What to produce:
Return exactly the span of lines in the following data that opens with the line containing "base = t.state.last_version" and closes with the line containing "none ↦ obj end". Include nothing else.

Records provided:
____
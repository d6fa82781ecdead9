-- ===== src/FrontDoor/Replies.antt =====
-- The fixed answers of public/workers/lsp-front-door.js.
use qed.Common.{String, Bool, true, false, Option, none, some, List, [], ◌∷◌, if◌then◌else◌}
use qed.Common.Int.{pos, negsuc}
use qed.Common.Json.{Json, Items, Fields, null, bool, num, str, arr, obj, nil, cons, end, field}

-- The field, unless its value is `undefined`.
abbrev pub optional : String → Option Json → Fields → Fields
optional k none fs = fs
optional k (some v) fs = field k v fs

-- `SERVER_CAPABILITIES`
abbrev yes_field : String → Fields → Fields
yes_field k fs = field k (bool true) fs

abbrev strings : List String → Items
strings [] = nil
strings (s ∷ ss) = cons (str s) (strings ss)

abbrev server_capabilities : Json
server_capabilities = obj (
    field "textDocumentSync"
      (obj (
        yes_field "openClose" (
          field "change" (num (pos 1)) (
            field "willSave" (bool false) (
              field "willSaveWaitUntil" (bool false)
                (field "save" (obj (yes_field "includeText" end)) end))))))
      (field "completionProvider"
        (obj
          (field "triggerCharacters" (arr (strings ("." ∷ []))) (yes_field "resolveProvider" end)))
        (yes_field "hoverProvider" (
          yes_field "declarationProvider" (
            yes_field "definitionProvider" (
              yes_field "typeDefinitionProvider" (
                yes_field "referencesProvider" (
                  yes_field "callHierarchyProvider" (
                    field "renameProvider" (obj (yes_field "prepareProvider" end)) (
                      yes_field "workspaceSymbolProvider" (
                        yes_field "documentHighlightProvider" (
                          yes_field "documentSymbolProvider" (
                            yes_field "foldingRangeProvider" (
                              field "semanticTokensProvider"
                                (obj (
                                  field "legend"
                                    (obj (
                                      field "tokenTypes"
                                        (arr (
                                          strings (
                                            "keyword" ∷ "variable" ∷ "property" ∷ "function"
                                            ∷ "namespace" ∷ "type" ∷ "enumMember" ∷ "comment"
                                            ∷ [])))
                                        (field "tokenModifiers" (arr nil) end)))
                                    (yes_field "full" (yes_field "range" end))))
                                (field "codeActionProvider"
                                  (obj (
                                    yes_field "resolveProvider" (
                                      field "codeActionKinds"
                                        (arr (
                                          strings (
                                            "quickfix" ∷ "refactor" ∷ "source.organizeImports"
                                            ∷ [])))
                                        end)))
                                  (field "inlayHintProvider"
                                    (obj (field "resolveProvider" (bool false) end))
                                    end))))))))))))))))

-- `{jsonrpc: "2.0", id, …}`
abbrev pub response : Option Json → Fields → Json
response id rest = obj (field "jsonrpc" (str "2.0") (optional "id" id rest))

unfoldable pub initialize_response : Option Json → Json
initialize_response id = response id (
    field "result"
      (obj (
        field "capabilities" server_capabilities (
          field "serverInfo"
            (obj
              (field "name" (str "QED64 wasm64 Lean Server") (field "version" (str "0.1.0") end)))
            end)))
      end)

abbrev pub shutdown_response : Option Json → Json
shutdown_response id = response id (field "result" null end)

-- ContentModified, in the two wordings.
unfoldable pub completion_refused : Bool → Option Json → Json
completion_refused on_import id = response id (
    field "error"
      (obj (
        field "code" (num (negsuc 32800)) (
          field "message"
            (str (
              if on_import
              then "QED64: import-path completion is answered client-side; the worker has no module inventory"
              else "QED64: the header is unresolved; completion is unavailable until it resolves"))
            end)))
      end)
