-- ===== src/FrontDoor/Admit.antt =====
-- `admit` and `drain` of public/workers/lsp-front-door.js: one client frame through the machine, and
-- the replay of the held queue. They call each other; `depth` bounds the nesting (see Depth).
use qed.Common.{
  ℕ, zero, suc, ◌+◌, Bool, true, false, not, ◌&&◌, ◌||◌, Option, none, some, List, [], ◌∷◌, ◌++◌,
  if◌then◌else◌,
}
use qed.Common.Lists.{any}
use qed.Common.Int.{ℤ, pos, ◌+ℤ◌, ◌-ℤ◌, eqb_ℤ, leb_ℤ}
use qed.Common.Json.{
  Json, num, str, arr, obj, nil, cons, end, field, get, get_in, number_of, text_of, truthy, is_text,
  is_some,
}
use qed.FrontDoor.Words.{header_line_of, import_lines_of}
use qed.FrontDoor.Machine.{
  Phase, ready, opened, dead, Doc, Held, Machine, Turn, did_open, did_change, is_forwarded,
  has_method, is_request, text_document, version_of, enqueue, emit,
}
use qed.FrontDoor.Replies.{
  optional, response, initialize_response, shutdown_response, completion_refused,
}

abbrev pub drop_frame : Turn → Turn
drop_frame t = record t { state = record t.state { dropped = t.state.dropped + 1 } }

abbrev pub reply : Json → Turn → Turn
reply msg t = record t { replies = t.replies ++ msg ∷ [] }

abbrev pub hold : Json → Bool → Turn → Turn
hold msg replay t = record t {
  state = record t.state { queue = enqueue t.state.queue (record { msg = msg; replay = replay }) };
}

-- `importLines.has(line)`
abbrev has_line : List ℕ → Option ℤ → Bool
has_line lines none = false
has_line lines (some n) = any (λ l. eqb_ℤ (pos l) n) lines

-- The cursor of a completion stands on an import line.
abbrev pub on_import : Machine → Json → Bool
on_import s msg =
    has_line s.import_lines (number_of (get_in (get_in (get "params" msg) "position") "line"))

abbrev pub header_refused : Machine → Bool
header_refused s = is_text (get_in s.header "mode") "refused"

-- A didOpen on a live loop, as a change of the whole text.
abbrev pub change_of_open : Option Json → ℤ → Json
change_of_open td version = obj (
    field "jsonrpc" (str "2.0") (
      field "method" (str did_change) (
        field "params"
          (obj (
            field "textDocument"
              (obj (optional "uri" (get_in td "uri") (field "version" (num version) end)))
              (field "contentChanges"
                (arr (cons (obj (optional "text" (get_in td "text") end)) nil)) end)))
          end)))

abbrev pub doc_of : Option Json → ℤ → Doc
doc_of td version = record {
  uri = get_in td "uri";
  language_id = get_in td "languageId";
  version = version;
}

unfoldable pub reopen : Turn → Option Json → ℤ → Turn
unfolding emit
reopen t td version =
    emit
      (record t {
        state = record t.state {
          base = t.state.last_version +ℤ pos 1 -ℤ version;
          doc = some (doc_of td version);
        };
      })
      (change_of_open td version)

-- `initialize` as the FileWorker reads it; the id is 0 and the params are empty where there are none.
abbrev pub params_or_empty : Option Json → Json
params_or_empty init = elim (get_in init "params") [
  | none ↦ obj end
  | some p ↦ if truthy (some p) then p else obj end
]

abbrev pub id_or_zero : Option Json → Option Json
id_or_zero none = some (num (pos 0))
id_or_zero (some init) = get "id" init

abbrev pub initialize_frame : Option Json → Json
initialize_frame init =
    response (id_or_zero init)
      (field "method" (str "initialize") (field "params" (params_or_empty init) end))

-- The opening sequence, before the queue is drained.
unfoldable pub open_loop : Turn → Json → Option Json → ℤ → Turn
open_loop t msg td version = record t {
  state = record t.state {
    base = pos 0;
    doc = some (doc_of td version);
    last_version = version;
    header_line = header_line_of (text_of (get_in td "text"));
    import_lines = import_lines_of (text_of (get_in td "text"));
    phase = opened;
  };
  ring_writes = t.ring_writes ++ initialize_frame t.state.initialize ∷ msg ∷ [];
  start_loop = true;
}

-- The version is at or below the document's.
abbrev pub is_stale : Option ℤ → Option Doc → Bool
is_stale (some v) (some d) = leb_ℤ v d.version
is_stale _ _ = false

module _ (drain : Turn → Turn) where
  -- The rule for a didOpen that has a document and a version.
  abbrev pub open_in : Phase → Turn → Json → Bool → Option Json → ℤ → Turn
  open_in opened t msg replay td version = reopen t td version
  open_in ready t msg replay td version = drain (open_loop t msg td version)
  open_in _ t msg replay td version = hold msg replay t

  abbrev pub open_version : Option ℤ → Turn → Json → Bool → Turn
  open_version none t msg replay = drop_frame t
  open_version (some version) t msg replay =
      open_in t.state.phase t msg replay (text_document msg) version

  abbrev pub admit_open : Turn → Json → Bool → Turn
  admit_open t msg replay = open_version (version_of (text_document msg)) t msg replay

  -- Every other frame that may go to the FileWorker.
  abbrev pub admit_other : Phase → Turn → Json → Bool → Turn
  admit_other opened t msg replay =
      if has_method msg did_change && is_stale (version_of (text_document msg)) t.state.doc
      then drop_frame t
      else emit t msg
  admit_other _ t msg replay = hold msg replay t

  -- What is left once the requests that the machine answers are answered.
  abbrev pub admit_frame : Phase → Turn → Json → Bool → Turn
  admit_frame dead t msg replay = drop_frame t
  admit_frame phase t msg replay =
      if has_method msg did_open
      then admit_open t msg replay
      else if not (is_request msg) && is_some (get "method" msg) && not (is_forwarded msg)
      then drop_frame t
      else admit_other phase t msg replay

  unfoldable pub admit_with : Turn → Json → Bool → Turn
  unfolding emit reopen open_loop enqueue
  admit_with t msg replay =
      let s = t.state in
      if has_method msg "initialize" && is_request msg
      then (let cached = record t { state = record s { initialize = some msg } } in
          if replay then cached else reply (initialize_response (get "id" msg)) cached)
      else if has_method msg "shutdown" && is_request msg
      then reply (shutdown_response (get "id" msg)) t
      else if (is_request msg && has_method msg "textDocument/completion")
          && (on_import s msg || header_refused s)
      then reply (completion_refused (on_import s msg) (get "id" msg)) (drop_frame t)
      else admit_frame s.phase t msg replay

module _ (admit : Turn → Json → Bool → Turn) where
  abbrev pub admit_each : List Held → Turn → Turn
  admit_each [] t = t
  admit_each (q ∷ qs) t = admit_each qs (admit t q.msg q.replay)

  -- `drain`
  abbrev pub drain_with : Turn → Turn
  drain_with t = admit_each t.state.queue (record t { state = record t.state { queue = [] } })

unfoldable pub admit : ℕ → Turn → Json → Bool → Turn
admit zero = admit_with (λ t. t)
admit (suc depth) = admit_with (drain_with (admit depth))
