-- ===== src/FrontDoor/Step.antt =====
-- `step`, `phaseOf` and `statusOf` of public/workers/lsp-front-door.js: one frame of any kind through
-- the machine, the effects for the host, and the status that goes with them.
use qed.Common.{
  ℕ, ◌+◌, String, Bool, true, false, not, ◌&&◌, ◌||◌, Option, none, some, List, [], ◌∷◌, ◌==◌,
  if◌then◌else◌,
}
use qed.Common.Lists.{any}
use qed.Common.Int.{ℤ, pos, ◌-ℤ◌, eqb_ℤ}
use qed.Common.Json.{
  Json, Items, arr, nil, cons, get, put, get_in, number_of, items_of, to_list, truthy, is_text,
  is_some,
}
use qed.FrontDoor.Collision.{colliding_names, alias_only_key, collision_note}
use qed.FrontDoor.Machine.{
  Phase, Doc, Progress, Collision, Held, Machine, Turn, begin, has_method, version_of,
  shift_versions,
}
use qed.FrontDoor.Admit.{admit, drain_with}

pub data Frame : Type 0 where
  client : Json → Bool → Frame
  server : Json → Frame
  booted : Frame
  ring : Bool → Frame
  died : Frame

-- The phase that the page is told.
pub data StatusPhase : Type 0 where
  booting starting elaborating ready header_refused dead : StatusPhase

pub record Status : Type 0 where
  pub phase : StatusPhase
  pub version : Option ℤ
  pub header : Option Json
  pub collision : Option Collision
  pub dropped : ℕ

pub record Result : Type 0 where
  pub turn : Turn
  pub status_delta : Status

abbrev pub is_refused : Option Json → Bool
is_refused header = is_text (get_in header "mode") "refused"

abbrev pub drained : Progress → ℤ → Bool
drained p last = eqb_ℤ p.version last && (p.processing == 0 || p.fatal)

abbrev pub phase_with : Option Progress → Option Doc → Machine → StatusPhase
phase_with (some p) (some d) s =
    if drained p s.last_version
    then (if is_refused s.header || p.fatal then StatusPhase.header_refused else StatusPhase.ready)
    else StatusPhase.elaborating
phase_with _ _ s = StatusPhase.starting

abbrev pub phase_in : Phase → Machine → StatusPhase
phase_in Phase.dead s = StatusPhase.dead
phase_in Phase.booting s = StatusPhase.booting
phase_in Phase.ready s = StatusPhase.starting
phase_in Phase.opened s = phase_with s.progress s.doc s

unfoldable pub phase_of : Machine → StatusPhase
phase_of s = phase_in s.phase s

abbrev doc_version : Option Doc → Option ℤ
doc_version none = none
doc_version (some d) = some d.version

unfoldable pub status_of : Machine → Status
unfolding phase_of
status_of s = record {
  phase = phase_of s;
  version = doc_version s.doc;
  header = s.header;
  collision = s.collision;
  dropped = s.dropped;
}

-- `e && e.kind === 2`: a fatal entry of a fileProgress.
abbrev is_fatal : Json → Bool
is_fatal e = elim (number_of (get "kind" e)) [ none ↦ false | some n ↦ eqb_ℤ n (pos 2) ]

abbrev count_live : List Json → ℕ
count_live [] = 0
count_live (e ∷ es) = (if is_fatal e then 0 else 1) + count_live es

abbrev entries_of : Option Items → List Json
entries_of none = []
entries_of (some xs) = to_list xs

abbrev pub progress_of : Option Json → ℤ → Progress
progress_of raw version =
    let entries = entries_of (items_of (get_in raw "processing")) in
    record { version = version; processing = count_live entries; fatal = any is_fatal entries }

-- A covered header that is not the umbrella itself.
abbrev offerable : Option Json → Bool
offerable header =
    is_text (get_in header "mode") "covered" && not (alias_only_key (get_in header "key"))

abbrev append_item : Items → Json → Items
append_item nil j = cons j nil
append_item (cons x xs) j = cons x (append_item xs j)

abbrev pub version_or : Option ℤ → ℤ → ℤ
version_or none d = d
version_or (some v) d = v

abbrev with_note : Json → Json → Items → Json → Json
with_note msg p diagnostics note =
    put "params" (put "diagnostics" (arr (append_item diagnostics note)) p) msg

-- The names of a burst of diagnostics, for a document at `version`.
abbrev pub publish : List String → Machine → Json → Json → Items → ℤ → Machine × Json
publish [] s msg p diagnostics version = (record s { collision = none }, msg)
publish (n ∷ ns) s msg p diagnostics version = (
  record s {
    collision =
        some
          (record { names = n ∷ ns; version = version_or (number_of (get "version" p)) version });
  },
  with_note msg p diagnostics (collision_note s.header_line (n ∷ ns)),
)

-- A publish: a known parameter, a list of diagnostics and a document.
abbrev pub on_publish :
    Option Json → Option Items → Option Doc → Machine → Json → Option (Machine × Json)
on_publish (some p) (some diagnostics) (some d) s msg = some (
    publish (if offerable s.header then colliding_names diagnostics else []) s msg p diagnostics
      d.version)
on_publish _ _ _ s msg = none

abbrev pub on_progress : Option Json → Option ℤ → Machine → Machine
on_progress raw none s = s
on_progress raw (some v) s = record s { progress = some (progress_of raw v) }

-- The frame as it is shown, unless the publish rule has one.
abbrev pub published_or : Option (Machine × Json) → Machine × Json → Machine × Json
published_or (some r) other = r
published_or none other = other

-- What a fileProgress and a headerStatus change.
abbrev pub on_notice : Machine → Option Json → Json → Machine
on_notice s raw msg =
    if has_method msg "$/lean/fileProgress" && is_some (version_of (get_in raw "textDocument"))
    then on_progress raw (version_of (get_in raw "textDocument")) s
    else if has_method msg "$/qed64/headerStatus" && truthy (get "params" msg)
    then record s { header = get "params" msg }
    else s

abbrev pub published : Machine → Json → Option (Machine × Json)
published s msg =
    if has_method msg "textDocument/publishDiagnostics"
    then on_publish (get "params" msg) (items_of (get_in (get "params" msg) "diagnostics")) s.doc s
        msg
    else none

-- A frame of the FileWorker: `msg` is shifted to the client's versions, `raw` are the parameters as
-- they came.
unfoldable pub server_frame : Machine → Option Json → Json → Machine × Json
server_frame s raw msg = published_or (published s msg) (on_notice s raw msg, msg)

abbrev pub msgs_of : List Held → List Json
msgs_of [] = []
msgs_of (q ∷ qs) = q.msg ∷ msgs_of qs

-- `died` drops the backlog with the ring.
abbrev pub on_died : Machine → Machine
on_died s = record s { phase = Phase.dead; backlog = [] }

abbrev pub on_ring : Machine → Bool → Turn
on_ring s busy =
    if busy
    then begin (record s { ring_busy = true })
    else record (begin (record s { ring_busy = false; backlog = [] })) {
      ring_writes = msgs_of s.backlog;
    }

abbrev pub on_booted : Phase → Machine → Turn
on_booted Phase.booting s = drain_with (admit 1) (begin (record s { phase = Phase.ready }))
on_booted _ s = begin s

abbrev pub on_server : Machine → Json → Turn
on_server s msg =
    let (s', shown) = server_frame s (get "params" msg) (shift_versions msg (pos 0 -ℤ s.base)) in
    record (begin s') { replies = shown ∷ [] }

unfoldable pub handle : Machine → Frame → Turn
unfolding admit server_frame
handle s (client msg replay) = admit 1 (begin s) msg replay
handle s (server msg) = on_server s msg
handle s Frame.booted = on_booted s.phase s
handle s (ring busy) = on_ring s busy
handle s died = begin (on_died s)

unfoldable pub step : Machine → Frame → Result
unfolding handle status_of
step s frame = let t = handle s frame in record { turn = t; status_delta = status_of t.state }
____
Output below:
          base = t.state.last_version +ℤ pos 1 -ℤ version;
          doc = some (doc_of td version);
        };
      })
      (change_of_open td version)

-- `initialize` as the FileWorker reads it; the id is 0 and the params are empty where there are none.
abbrev pub params_or_empty : Option Json → Json
params_or_empty init = elim (get_in init "params") [
  | none ↦ obj end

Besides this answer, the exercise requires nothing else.